Tempo fa scrivevo di Jackson Pollock, su come alla fine degli anni 40 e gli inizi del 50, con il suo dripping, reinventando un fare pittura riconoscibile e differenziante, pone le basi per l’affermazione dell’artista brand.

Attraverso la sua pittura, eseguita per la prima volta con l’utilizzo delle vernici industriali, Pollock é il primo artista che inconsapevolmente separa l’atto creativo dal processo generativo dell’opera. Mediante la diversa disposizione del supporto dipinto e l’utilizzo di pigmenti liquidi, l’artista decide quando terminare il prorpio percorso creativo ma non quello conclusivo dell’opera: sarà il tempo a solidificare il pigmento e a stabilizzarne la struttura decidendone la nascita.

Il tempo, invisibile e prezioso, ci aiuta a plasmare, creare e capire. Chi mi conosce sa che sono affascinato dalle correlazioni apparentemente improbabili. Vado al dunque: cosa hanno in comune lo storico d’arte e il brand manager? Cosa hanno in comune il nuovo modus operandi di Pollock e il brand manager?

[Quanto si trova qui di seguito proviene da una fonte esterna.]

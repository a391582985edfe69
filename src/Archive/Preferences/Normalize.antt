-- ===== src/Archive/Preferences/Normalize.antt =====
-- Laws of normalising, loading and saving the preferences of the archive list (lib/archive-list-
-- preferences.ts).
use clip_to_doc_archive.Json.{Value, arr, obj, property, str, to_list, of_list}
use clip_to_doc_archive.Storage.{
  LocalStorage, parsed, nothing, thrown, read_json, read_json-write_json,
}
use clip_to_doc_archive.Archive.Preferences.{
  ColumnKey, title, column_eq, Density, ListPreferences, column_order_default,
  legacy_column_order_default, density_text, column_text, to_density, to_column_key, push_column,
  dedupe, add_title, settle, normalize_visible_columns, density_or_default,
  normalize_list_preferences, columns_value, preferences_value, preferences_of_reading,
  pref_storage_key, load_list_preferences, save_list_preferences,
}
use clip_to_doc_archive.Prelude.{
  contains_of_Distinct-append, append-nil, append_assoc, subst, ◌≡◌, refl, sym, ap, ◌∙◌, ◌≢◌, inl,
  inr, true, false, Option, none, some, List, [], ◌∷◌, ◌++◌, map, arith, Bool-cases, ◌==◌, nat_eq,
  list_beq_iff, list_eq, contains, Distinct, contains-append, Distinct-concat,
}
use clip_to_doc_archive.Text.{codes}

-- Columns that the list can show: none twice, the title among them, and not in the old order.
pub record IsValid (columns : List ColumnKey) : Type 0 where
  pub distinct : Distinct columns
  pub titled : contains columns title ≡ true
  pub current : columns ≢ legacy_column_order_default

column_order_default-IsValid : IsValid column_order_default
column_order_default-IsValid = record {
  distinct = (refl, (refl, (refl, (refl, (refl, (refl, (refl, tt)))))));
  titled = refl;
  current = cc;
}

push_column-Distinct :
    (deduped : List ColumnKey) (key : Option ColumnKey)
    → Distinct deduped
    → Distinct (push_column deduped key)
unfolding push_column
push_column-Distinct deduped none h = h
push_column-Distinct deduped (some key) h = elim (Bool-cases (contains deduped key)) [
  | inl there ↦ rw there h
  | inr new ↦ rw new (Distinct-concat deduped key h new)
]

dedupe-Distinct :
    (deduped : List ColumnKey) (input : List Value)
    → Distinct deduped
    → Distinct (dedupe deduped input)
unfolding dedupe
dedupe-Distinct deduped [] h = h
dedupe-Distinct deduped (candidate ∷ input) h =
    dedupe-Distinct (push_column deduped (to_column_key candidate)) input
      (push_column-Distinct deduped (to_column_key candidate) h)

settle-IsValid :
    (columns : List ColumnKey)
    → Distinct columns
    → contains columns title ≡ true
    → IsValid (settle columns)
unfolding settle
settle-IsValid [] d t = cc
settle-IsValid (c ∷ cs) d t = elim (Bool-cases (c ∷ cs == legacy_column_order_default)) [
  | inl old ↦ rw old column_order_default-IsValid
  | inr new ↦ rw new (record {
    distinct = d;
    titled = t;
    current = λ e. grind (arith, (list_beq_iff (c ∷ cs) legacy_column_order_default).1 e);
  })
]

add_title_lem :
    (columns : List ColumnKey)
    → Distinct columns
    → Distinct (add_title columns) × (contains (add_title columns) title ≡ true)
unfolding add_title
add_title_lem columns d = elim (Bool-cases (contains columns title)) [
  | inl there ↦ rw there (d, there)
  | inr new ↦
      rw new
        (Distinct-concat columns title d new, rw (contains-append columns (title ∷ []) title, new))
]

-- Whatever JSON is stored, or nothing, the columns of the list are distinct, have the title among
-- them, and are not in the order that the list had by default before.
pub normalize_visible_columns-IsValid :
    (input : Option Value) → IsValid (normalize_visible_columns input)
unfolding normalize_visible_columns
normalize_visible_columns-IsValid (some (arr input)) =
    let (d, t) =
      add_title_lem (dedupe [] (to_list input)) (dedupe-Distinct [] (to_list input) tt) in
    settle-IsValid (add_title (dedupe [] (to_list input))) d t
normalize_visible_columns-IsValid _ = column_order_default-IsValid

to_column_key-column_text : (c : ColumnKey) → to_column_key (str (column_text c)) ≡ some c
unfolding to_column_key
to_column_key-column_text c = ground arith

abbrev stored_columns : List ColumnKey → List Value
stored_columns columns = to_list (of_list (map (λ c. str (column_text c)) columns))

push_column_new :
    (deduped : List ColumnKey) (c : ColumnKey)
    → contains deduped c ≡ false
    → push_column deduped (to_column_key (str (column_text c))) ≡ deduped ++ c ∷ []
unfolding push_column
push_column_new deduped c new = ap (push_column deduped) (to_column_key-column_text c) ∙ rw new

-- Distinct columns that are read back are pushed one by one.
dedupe-columns :
    (deduped columns : List ColumnKey)
    → Distinct (deduped ++ columns)
    → dedupe deduped (stored_columns columns) ≡ deduped ++ columns
unfolding dedupe
dedupe-columns deduped [] h = sym (append-nil deduped)
dedupe-columns deduped (c ∷ cs) h =
    let new = contains_of_Distinct-append deduped c cs h in
    ap (λ d. dedupe d (stored_columns cs)) (push_column_new deduped c new)
    ∙ dedupe-columns (deduped ++ c ∷ []) cs
        (subst Distinct (sym (append_assoc deduped (c ∷ []) cs)) h)
    ∙ append_assoc deduped (c ∷ []) cs

settle_of_IsValid :
    (columns : List ColumnKey) → IsValid columns → settle (add_title columns) ≡ columns
unfolding settle add_title
settle_of_IsValid [] v = cc (v.titled)
settle_of_IsValid (c ∷ cs) v =
    rw v.titled (grind (arith, v.current, list_beq_iff (c ∷ cs) legacy_column_order_default))

-- Valid columns that were stored are shown as they were.
pub normalize-columns_value :
    (columns : List ColumnKey)
    → IsValid columns
    → normalize_visible_columns (some (columns_value columns)) ≡ columns
unfolding normalize_visible_columns
normalize-columns_value columns v =
    ap (λ d. settle (add_title d)) (dedupe-columns [] columns v.distinct)
    ∙ settle_of_IsValid columns v

normalize_list_preferences-IsValid :
    (v : Value) → IsValid (normalize_list_preferences v).visible_columns
unfolding normalize_list_preferences
normalize_list_preferences-IsValid (arr items) =
    normalize_visible_columns-IsValid (property (arr items) (codes "visibleColumns"))
normalize_list_preferences-IsValid (obj fields) =
    normalize_visible_columns-IsValid (property (obj fields) (codes "visibleColumns"))
normalize_list_preferences-IsValid _ = column_order_default-IsValid

to_density-density_text : (d : Density) → to_density (some (str (density_text d))) ≡ some d
unfolding to_density
to_density-density_text d = ground arith

normalize-preferences_value :
    (p : ListPreferences)
    → IsValid p.visible_columns
    → normalize_list_preferences (preferences_value p) ≡ p
unfolding normalize_list_preferences
normalize-preferences_value p v = λ i. record {
  density = density_or_default (to_density-density_text p.density i);
  visible_columns = normalize-columns_value p.visible_columns v i;
}

-- Preferences with valid columns are loaded as they were saved, where the storage can be read and
-- written.
load-save_list_preferences :
    (p : ListPreferences) (s : LocalStorage)
    → IsValid p.visible_columns
    → s.readable ≡ true
    → s.writable ≡ true
    → load_list_preferences (save_list_preferences p (some s)) ≡ p
unfolding load_list_preferences save_list_preferences
load-save_list_preferences p s v r w =
    let normal : ListPreferences = normalize_list_preferences (preferences_value p) in
    let same = normalize-preferences_value p v in
    ap preferences_of_reading
      (read_json-write_json pref_storage_key pref_storage_key (preferences_value normal) s r w)
    ∙ ap (λ q. normalize_list_preferences (preferences_value q)) same
    ∙ same

load_list_preferences-IsValid :
    (storage : Option LocalStorage) → IsValid (load_list_preferences storage).visible_columns
unfolding load_list_preferences
load_list_preferences-IsValid none = column_order_default-IsValid
load_list_preferences-IsValid (some s) =
    elim (read_json pref_storage_key s)
      as (λ r. IsValid (preferences_of_reading r).visible_columns) [
        | nothing ↦ column_order_default-IsValid
        | parsed v ↦ normalize_list_preferences-IsValid v
        | thrown ↦ column_order_default-IsValid
      ]

-- Whatever the storage holds, saving the preferences that were loaded from it and loading again
-- gives the same preferences, where the storage can be read and written.
load-save-load_list_preferences :
    (s : LocalStorage)
    → s.readable ≡ true
    → s.writable ≡ true
    → load_list_preferences (save_list_preferences (load_list_preferences (some s)) (some s))
      ≡ load_list_preferences (some s)
load-save-load_list_preferences s r w =
    load-save_list_preferences (load_list_preferences (some s)) s
      (load_list_preferences-IsValid (some s)) r w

Nel primo caso, entrambi studiano, curano e storicizzano le competenze del proprio cliente. La cura dell’esposizione dell’operato sia dell’artista che dell’azienda, così come la valorizzazione del prodotto destinato alla vendita.

Pollock é il primo artista che assume, rispetto all’opera dipinta, una posizione differente rispetto a colui che la contemplerá terminata. Artista e fruitore, dinanzi al dipinto, occupano per la prima volta un spazio diverso.

Sono sicuro che ti sei trovato almeno una volta davanti ad un dipinto, una scultura o un’istallazione. La naturale posizione che si assume é quella frontale, centrale all’opera. In questa circostanza stai assumendo la stessa posizione dell’artista che ha creato il lavoro, come a disegnare una retta di cui il dipinto é il punto A e tu il punto B.

Con Pollock non é così. L’opera viene generata dall’alto verso il basso. Nel processo creativo l’artista si muove come a disegnare linee trasversali di cui il punto A é il supporto pittorico immobile e il punto B l’artista in continuo movimento dentro e fuori l’opera.

La posizione traversa è la stessa che assume Massimo Bignardi, storico e critico d’arte, nella lettura dell’opera d’arte: una naturale disposizione, scrive, sul lato destro di essa che gli permette di sbirciare da una posizione diversa rispetto a quella dell’artista per non rischiare di esserne affascinato.

Così come Massimo Bignardi suggerisce la giusta disposizione dello spazio che deve occupare il fruitore dell’opera d’arte,

… Una postazione di osservatore laterale, obliqua e non frontale, quel tanto che mi consente di non cadere nella rete della seduzione che ciascuna opera, dipinti, scultura o architettura lancia al nostro occhio interiore, come suggeriva Merleau-Ponty.

penso che un buon brand manager debba assumere, nei confronti del cliente e del lavoro per esso eseguito, quella giusta disposizione, fisica e psichica, che gli permette per l’appunto di sbirciare e farsi trovare.

Come Pollock il brand manager deve far proprio il progetto creativo-comunicativo, entrare all’interno dello spazio destinato alla comunicazione, plasmare il messaggio per poi uscire e valutarne i risultati. Rimanere disponibile per percepirne le lacune: punti inesplorati che aspettano di essere valorizzati.

Cosi come Pollock, il brand manager deve poter guardare dall’alto, operare con pathos ed energia per poi valutare l’insieme da lontano, in maniera analitica, così come vorrebbe essere, con uno sguardo traverso, anche per non rischiare di esserne “troppo” sedotto.